What to produce
Each line of the data that includes "Ready" must be copied.
START Stored data
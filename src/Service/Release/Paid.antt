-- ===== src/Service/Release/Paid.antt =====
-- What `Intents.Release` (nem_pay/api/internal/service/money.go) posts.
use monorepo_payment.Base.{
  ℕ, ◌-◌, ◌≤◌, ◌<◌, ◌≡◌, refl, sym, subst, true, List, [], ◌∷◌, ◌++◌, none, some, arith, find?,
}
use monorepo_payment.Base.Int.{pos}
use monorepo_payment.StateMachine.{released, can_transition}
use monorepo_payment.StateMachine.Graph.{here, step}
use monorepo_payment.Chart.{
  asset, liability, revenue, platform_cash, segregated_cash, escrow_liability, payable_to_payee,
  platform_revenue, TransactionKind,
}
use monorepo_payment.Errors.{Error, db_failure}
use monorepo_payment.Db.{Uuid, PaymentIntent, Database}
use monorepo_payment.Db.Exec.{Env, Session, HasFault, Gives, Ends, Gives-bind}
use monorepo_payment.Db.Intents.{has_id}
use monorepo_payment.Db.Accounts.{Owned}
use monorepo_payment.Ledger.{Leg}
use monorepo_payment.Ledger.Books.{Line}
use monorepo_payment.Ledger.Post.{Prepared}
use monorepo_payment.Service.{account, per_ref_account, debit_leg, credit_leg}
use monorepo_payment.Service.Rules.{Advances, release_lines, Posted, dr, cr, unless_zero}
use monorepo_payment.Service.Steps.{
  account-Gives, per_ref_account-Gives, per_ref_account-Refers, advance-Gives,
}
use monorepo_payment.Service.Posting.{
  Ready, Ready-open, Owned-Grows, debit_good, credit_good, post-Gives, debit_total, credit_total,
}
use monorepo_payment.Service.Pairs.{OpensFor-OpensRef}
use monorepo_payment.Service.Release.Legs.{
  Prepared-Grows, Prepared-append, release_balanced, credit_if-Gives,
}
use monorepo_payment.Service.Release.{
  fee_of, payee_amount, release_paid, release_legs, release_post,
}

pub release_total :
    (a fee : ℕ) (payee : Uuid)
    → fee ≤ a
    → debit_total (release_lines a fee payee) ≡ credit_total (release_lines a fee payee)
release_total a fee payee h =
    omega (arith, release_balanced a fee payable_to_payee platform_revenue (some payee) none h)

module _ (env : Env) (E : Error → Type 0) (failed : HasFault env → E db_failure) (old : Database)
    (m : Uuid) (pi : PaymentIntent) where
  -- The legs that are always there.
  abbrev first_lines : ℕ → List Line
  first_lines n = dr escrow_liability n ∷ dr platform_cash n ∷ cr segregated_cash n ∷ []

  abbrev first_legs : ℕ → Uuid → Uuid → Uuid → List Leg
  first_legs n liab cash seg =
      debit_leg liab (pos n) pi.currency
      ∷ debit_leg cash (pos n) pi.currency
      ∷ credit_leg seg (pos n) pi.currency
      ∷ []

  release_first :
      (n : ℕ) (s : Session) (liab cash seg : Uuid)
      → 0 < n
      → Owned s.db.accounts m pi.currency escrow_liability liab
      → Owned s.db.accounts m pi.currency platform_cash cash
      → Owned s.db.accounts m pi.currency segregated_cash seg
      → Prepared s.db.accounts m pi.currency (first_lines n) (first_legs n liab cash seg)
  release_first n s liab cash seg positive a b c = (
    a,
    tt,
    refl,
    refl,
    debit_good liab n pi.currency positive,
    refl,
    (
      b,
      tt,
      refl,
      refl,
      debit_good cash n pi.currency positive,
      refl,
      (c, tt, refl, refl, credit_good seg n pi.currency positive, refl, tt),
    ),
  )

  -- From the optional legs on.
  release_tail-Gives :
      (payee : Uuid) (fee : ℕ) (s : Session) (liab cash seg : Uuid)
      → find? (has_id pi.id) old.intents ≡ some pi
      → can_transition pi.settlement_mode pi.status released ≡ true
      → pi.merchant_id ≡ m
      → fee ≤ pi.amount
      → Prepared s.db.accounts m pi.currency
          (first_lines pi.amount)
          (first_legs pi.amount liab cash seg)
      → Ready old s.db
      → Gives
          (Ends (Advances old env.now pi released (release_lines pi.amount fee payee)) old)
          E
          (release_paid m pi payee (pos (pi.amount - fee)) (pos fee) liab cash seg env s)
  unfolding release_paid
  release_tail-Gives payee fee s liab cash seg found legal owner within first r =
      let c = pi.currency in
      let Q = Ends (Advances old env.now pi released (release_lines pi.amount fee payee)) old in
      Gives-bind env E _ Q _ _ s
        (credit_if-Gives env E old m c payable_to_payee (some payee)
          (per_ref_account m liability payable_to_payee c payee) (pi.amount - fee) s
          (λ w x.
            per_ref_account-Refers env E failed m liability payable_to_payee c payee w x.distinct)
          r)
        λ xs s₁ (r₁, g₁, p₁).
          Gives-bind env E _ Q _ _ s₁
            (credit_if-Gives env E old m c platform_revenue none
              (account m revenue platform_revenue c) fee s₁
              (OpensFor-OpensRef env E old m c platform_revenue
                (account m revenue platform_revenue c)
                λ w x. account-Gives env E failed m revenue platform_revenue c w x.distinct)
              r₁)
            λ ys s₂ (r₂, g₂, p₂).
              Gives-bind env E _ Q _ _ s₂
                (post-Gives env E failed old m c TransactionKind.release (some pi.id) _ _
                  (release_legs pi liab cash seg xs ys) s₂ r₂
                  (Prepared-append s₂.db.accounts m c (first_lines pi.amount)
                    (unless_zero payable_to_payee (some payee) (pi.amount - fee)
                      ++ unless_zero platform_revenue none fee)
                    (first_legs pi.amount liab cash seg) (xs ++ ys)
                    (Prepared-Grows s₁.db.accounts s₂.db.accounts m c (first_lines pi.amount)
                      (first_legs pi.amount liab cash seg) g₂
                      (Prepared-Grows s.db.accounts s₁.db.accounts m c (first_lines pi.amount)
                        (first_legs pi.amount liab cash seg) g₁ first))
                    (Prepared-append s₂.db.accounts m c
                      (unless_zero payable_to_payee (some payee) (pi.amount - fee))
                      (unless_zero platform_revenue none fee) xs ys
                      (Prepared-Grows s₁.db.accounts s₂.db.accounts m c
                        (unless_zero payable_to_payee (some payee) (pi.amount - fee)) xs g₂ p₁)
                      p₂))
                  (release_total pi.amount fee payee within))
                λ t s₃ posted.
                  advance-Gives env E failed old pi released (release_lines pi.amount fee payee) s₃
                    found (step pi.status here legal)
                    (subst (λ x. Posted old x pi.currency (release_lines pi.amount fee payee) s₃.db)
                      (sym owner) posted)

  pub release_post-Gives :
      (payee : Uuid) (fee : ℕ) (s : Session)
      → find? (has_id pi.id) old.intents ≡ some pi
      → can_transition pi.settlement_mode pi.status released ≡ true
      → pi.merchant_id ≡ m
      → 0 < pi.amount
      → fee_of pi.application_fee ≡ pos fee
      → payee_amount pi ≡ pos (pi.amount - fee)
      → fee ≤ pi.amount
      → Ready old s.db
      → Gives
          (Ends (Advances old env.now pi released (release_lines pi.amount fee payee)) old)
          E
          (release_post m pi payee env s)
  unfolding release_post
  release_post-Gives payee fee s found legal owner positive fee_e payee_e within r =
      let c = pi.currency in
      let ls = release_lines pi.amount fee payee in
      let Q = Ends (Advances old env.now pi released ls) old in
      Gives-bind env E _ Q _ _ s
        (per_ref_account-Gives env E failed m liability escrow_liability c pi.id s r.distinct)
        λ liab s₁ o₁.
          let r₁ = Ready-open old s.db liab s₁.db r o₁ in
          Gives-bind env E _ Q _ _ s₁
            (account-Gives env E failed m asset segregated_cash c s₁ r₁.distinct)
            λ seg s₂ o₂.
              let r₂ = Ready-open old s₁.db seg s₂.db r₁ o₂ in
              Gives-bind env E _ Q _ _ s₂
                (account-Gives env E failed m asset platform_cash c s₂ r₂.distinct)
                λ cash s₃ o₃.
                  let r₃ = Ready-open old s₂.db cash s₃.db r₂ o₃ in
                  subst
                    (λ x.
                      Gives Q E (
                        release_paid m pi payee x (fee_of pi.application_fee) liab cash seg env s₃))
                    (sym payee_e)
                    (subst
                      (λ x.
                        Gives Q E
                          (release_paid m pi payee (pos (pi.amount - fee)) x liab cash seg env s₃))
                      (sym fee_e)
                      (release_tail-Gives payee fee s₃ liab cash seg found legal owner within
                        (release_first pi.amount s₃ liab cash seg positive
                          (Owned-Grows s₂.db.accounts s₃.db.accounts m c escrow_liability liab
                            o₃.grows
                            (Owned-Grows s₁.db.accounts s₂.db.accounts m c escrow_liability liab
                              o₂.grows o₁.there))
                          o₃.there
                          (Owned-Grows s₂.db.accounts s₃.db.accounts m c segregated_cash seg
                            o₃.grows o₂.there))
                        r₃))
END Stored data
Reply
  Ready, Ready-open, Owned-Grows, debit_good, credit_good, post-Gives, debit_total, credit_total,
      → Ready old s.db
      → Ready old s.db
          let r₁ = Ready-open old s.db liab s₁.db r o₁ in
              let r₂ = Ready-open old s₁.db seg s₂.db r₁ o₂ in
                  let r₃ = Ready-open old s₂.db cash s₃.db r₂ o₃ in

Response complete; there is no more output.